* _Exercise instructions_
Nothing but the lines from the one with "-- ===== src/Dispatcher.antt" down to the one with "-- How a call" should be returned, exactly and with both ends included, from the material below.

* _Record extracts_
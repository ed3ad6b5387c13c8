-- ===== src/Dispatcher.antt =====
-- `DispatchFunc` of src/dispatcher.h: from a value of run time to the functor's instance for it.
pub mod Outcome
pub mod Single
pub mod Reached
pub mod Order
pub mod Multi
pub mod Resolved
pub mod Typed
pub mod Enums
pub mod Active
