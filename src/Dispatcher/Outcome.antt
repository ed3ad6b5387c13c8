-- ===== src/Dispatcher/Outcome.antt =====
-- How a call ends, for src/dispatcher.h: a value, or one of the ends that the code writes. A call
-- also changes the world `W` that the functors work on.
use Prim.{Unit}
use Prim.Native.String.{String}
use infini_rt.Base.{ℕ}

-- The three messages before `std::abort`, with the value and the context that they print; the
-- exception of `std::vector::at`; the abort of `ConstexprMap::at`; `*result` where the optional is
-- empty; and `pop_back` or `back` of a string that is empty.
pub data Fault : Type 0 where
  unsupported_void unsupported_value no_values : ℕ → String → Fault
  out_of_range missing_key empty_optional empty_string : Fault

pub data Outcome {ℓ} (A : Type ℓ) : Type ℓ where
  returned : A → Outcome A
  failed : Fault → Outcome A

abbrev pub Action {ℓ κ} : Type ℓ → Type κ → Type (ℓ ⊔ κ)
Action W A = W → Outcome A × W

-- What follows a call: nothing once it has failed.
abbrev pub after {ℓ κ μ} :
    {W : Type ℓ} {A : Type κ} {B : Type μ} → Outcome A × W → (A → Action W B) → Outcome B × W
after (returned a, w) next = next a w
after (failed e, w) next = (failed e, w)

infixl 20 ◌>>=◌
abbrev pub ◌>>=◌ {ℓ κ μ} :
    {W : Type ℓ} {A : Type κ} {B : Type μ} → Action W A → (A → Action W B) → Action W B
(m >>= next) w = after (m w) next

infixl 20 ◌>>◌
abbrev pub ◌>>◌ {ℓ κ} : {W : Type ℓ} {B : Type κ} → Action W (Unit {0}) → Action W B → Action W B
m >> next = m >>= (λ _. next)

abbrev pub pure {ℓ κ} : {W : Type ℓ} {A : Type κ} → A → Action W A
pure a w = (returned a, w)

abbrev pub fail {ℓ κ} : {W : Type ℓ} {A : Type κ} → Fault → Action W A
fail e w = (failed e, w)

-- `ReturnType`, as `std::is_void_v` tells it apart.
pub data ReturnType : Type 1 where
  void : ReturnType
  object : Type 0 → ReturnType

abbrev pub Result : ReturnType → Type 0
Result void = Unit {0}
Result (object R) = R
--
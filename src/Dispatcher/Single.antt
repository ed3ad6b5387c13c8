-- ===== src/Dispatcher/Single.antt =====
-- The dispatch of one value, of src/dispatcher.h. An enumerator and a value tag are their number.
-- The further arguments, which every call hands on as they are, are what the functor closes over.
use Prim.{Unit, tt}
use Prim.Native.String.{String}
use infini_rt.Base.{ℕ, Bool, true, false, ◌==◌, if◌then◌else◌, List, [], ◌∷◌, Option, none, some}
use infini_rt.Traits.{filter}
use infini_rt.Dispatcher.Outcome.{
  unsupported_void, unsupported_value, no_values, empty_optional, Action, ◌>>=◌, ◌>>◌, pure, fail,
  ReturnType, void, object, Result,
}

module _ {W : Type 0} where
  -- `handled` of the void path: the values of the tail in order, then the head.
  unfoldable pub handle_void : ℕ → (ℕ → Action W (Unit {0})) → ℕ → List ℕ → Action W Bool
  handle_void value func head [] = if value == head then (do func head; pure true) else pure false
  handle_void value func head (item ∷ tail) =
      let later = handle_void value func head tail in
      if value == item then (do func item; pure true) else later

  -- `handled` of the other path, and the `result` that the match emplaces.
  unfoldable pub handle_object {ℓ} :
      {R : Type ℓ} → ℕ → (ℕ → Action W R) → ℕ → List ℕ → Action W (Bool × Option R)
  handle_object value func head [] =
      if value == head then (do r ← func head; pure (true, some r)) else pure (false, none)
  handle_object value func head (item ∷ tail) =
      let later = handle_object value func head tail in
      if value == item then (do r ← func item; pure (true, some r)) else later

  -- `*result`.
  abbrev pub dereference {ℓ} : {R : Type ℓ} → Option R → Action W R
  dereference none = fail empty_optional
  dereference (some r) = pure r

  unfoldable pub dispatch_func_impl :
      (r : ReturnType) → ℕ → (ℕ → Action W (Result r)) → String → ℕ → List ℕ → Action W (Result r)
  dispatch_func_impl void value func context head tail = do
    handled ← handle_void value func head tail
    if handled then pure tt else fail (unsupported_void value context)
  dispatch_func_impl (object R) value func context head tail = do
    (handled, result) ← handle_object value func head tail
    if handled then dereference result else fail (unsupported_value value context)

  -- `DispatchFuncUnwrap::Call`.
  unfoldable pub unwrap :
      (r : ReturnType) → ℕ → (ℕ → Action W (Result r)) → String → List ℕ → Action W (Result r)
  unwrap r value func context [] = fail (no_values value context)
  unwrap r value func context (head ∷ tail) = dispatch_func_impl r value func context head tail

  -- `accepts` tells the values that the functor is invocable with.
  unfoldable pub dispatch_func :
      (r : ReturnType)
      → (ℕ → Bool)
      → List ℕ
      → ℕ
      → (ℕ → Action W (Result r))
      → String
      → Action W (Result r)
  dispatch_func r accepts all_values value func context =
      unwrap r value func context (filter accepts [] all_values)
...
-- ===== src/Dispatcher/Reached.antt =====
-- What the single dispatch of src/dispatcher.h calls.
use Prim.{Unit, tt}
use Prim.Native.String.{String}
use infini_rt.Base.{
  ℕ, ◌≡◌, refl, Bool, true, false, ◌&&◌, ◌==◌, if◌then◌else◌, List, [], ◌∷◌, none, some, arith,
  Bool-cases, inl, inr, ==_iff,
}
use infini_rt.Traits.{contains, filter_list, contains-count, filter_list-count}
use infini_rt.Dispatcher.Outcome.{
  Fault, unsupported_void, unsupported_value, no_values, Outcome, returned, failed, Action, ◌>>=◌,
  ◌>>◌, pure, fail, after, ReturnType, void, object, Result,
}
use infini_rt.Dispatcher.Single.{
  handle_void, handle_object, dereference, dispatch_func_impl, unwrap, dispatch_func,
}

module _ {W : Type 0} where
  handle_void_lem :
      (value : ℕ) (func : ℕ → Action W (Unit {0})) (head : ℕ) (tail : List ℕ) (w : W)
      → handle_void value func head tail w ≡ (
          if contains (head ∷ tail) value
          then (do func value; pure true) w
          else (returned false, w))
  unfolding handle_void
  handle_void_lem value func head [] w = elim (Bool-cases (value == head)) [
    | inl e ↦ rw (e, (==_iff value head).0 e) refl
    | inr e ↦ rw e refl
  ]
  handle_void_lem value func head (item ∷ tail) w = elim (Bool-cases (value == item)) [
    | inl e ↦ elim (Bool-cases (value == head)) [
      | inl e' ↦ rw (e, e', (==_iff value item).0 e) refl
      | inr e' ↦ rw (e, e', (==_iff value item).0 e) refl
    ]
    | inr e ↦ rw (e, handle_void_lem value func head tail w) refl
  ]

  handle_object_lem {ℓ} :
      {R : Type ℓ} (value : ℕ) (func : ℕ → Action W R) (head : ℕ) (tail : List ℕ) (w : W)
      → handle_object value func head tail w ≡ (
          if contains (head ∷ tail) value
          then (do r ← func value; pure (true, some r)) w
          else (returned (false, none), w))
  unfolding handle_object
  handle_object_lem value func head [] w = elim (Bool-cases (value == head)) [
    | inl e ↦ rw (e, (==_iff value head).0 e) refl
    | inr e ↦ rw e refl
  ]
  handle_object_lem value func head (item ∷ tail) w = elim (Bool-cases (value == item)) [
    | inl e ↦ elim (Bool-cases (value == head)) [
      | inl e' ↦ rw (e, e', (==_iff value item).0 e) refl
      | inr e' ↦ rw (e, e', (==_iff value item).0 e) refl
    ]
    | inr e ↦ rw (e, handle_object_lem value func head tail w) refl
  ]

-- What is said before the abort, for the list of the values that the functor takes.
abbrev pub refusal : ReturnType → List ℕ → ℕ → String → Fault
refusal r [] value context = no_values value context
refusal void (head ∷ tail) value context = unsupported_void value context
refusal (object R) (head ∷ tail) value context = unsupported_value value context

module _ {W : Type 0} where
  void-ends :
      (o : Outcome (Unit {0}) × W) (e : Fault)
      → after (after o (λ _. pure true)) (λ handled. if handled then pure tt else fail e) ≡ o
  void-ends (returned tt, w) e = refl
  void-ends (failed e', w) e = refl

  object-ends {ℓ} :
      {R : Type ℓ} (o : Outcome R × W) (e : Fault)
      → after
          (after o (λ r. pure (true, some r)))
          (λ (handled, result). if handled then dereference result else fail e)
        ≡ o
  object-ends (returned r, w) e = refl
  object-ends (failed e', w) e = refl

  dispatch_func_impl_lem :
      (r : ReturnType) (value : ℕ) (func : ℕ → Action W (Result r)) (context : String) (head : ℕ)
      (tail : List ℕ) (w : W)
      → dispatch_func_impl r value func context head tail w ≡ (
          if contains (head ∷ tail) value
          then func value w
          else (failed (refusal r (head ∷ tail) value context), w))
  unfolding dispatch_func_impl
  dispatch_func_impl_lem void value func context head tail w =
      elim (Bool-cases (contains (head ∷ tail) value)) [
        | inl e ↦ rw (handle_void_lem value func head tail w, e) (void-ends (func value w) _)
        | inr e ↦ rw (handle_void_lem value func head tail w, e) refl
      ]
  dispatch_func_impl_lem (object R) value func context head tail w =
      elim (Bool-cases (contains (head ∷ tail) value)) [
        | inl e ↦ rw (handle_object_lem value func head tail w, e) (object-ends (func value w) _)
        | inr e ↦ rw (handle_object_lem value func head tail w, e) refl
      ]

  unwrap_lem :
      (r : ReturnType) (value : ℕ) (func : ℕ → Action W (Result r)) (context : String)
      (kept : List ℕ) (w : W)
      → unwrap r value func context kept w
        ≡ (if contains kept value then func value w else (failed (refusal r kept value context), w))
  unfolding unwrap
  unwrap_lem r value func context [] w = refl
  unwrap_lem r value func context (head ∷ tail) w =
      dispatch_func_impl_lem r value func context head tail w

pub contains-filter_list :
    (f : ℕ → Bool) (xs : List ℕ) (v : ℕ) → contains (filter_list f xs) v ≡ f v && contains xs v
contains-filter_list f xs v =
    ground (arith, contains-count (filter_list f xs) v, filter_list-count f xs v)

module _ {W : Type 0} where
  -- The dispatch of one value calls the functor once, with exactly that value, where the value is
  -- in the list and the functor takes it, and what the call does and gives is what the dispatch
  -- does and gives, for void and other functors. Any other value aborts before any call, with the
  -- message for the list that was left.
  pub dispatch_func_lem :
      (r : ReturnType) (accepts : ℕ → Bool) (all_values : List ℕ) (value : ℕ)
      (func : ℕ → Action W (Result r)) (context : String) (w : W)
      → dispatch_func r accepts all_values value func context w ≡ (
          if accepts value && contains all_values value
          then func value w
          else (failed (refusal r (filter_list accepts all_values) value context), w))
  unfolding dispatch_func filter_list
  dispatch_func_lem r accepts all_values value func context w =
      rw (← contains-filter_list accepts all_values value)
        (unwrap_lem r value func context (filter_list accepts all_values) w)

* _Reply_
-- ===== src/Dispatcher.antt =====
-- `DispatchFunc` of src/dispatcher.h: from a value of run time to the functor's instance for it.
pub mod Outcome
pub mod Single
pub mod Reached
pub mod Order
pub mod Multi
pub mod Resolved
pub mod Typed
pub mod Enums
pub mod Active
filename src/Dispatcher/Outcome.antt
repository ed3ad6b5387c13c8
-- ===== src/Dispatcher/Outcome.antt =====
-- How a call ends, for src/dispatcher.h: a value, or one of the ends that the code writes. A call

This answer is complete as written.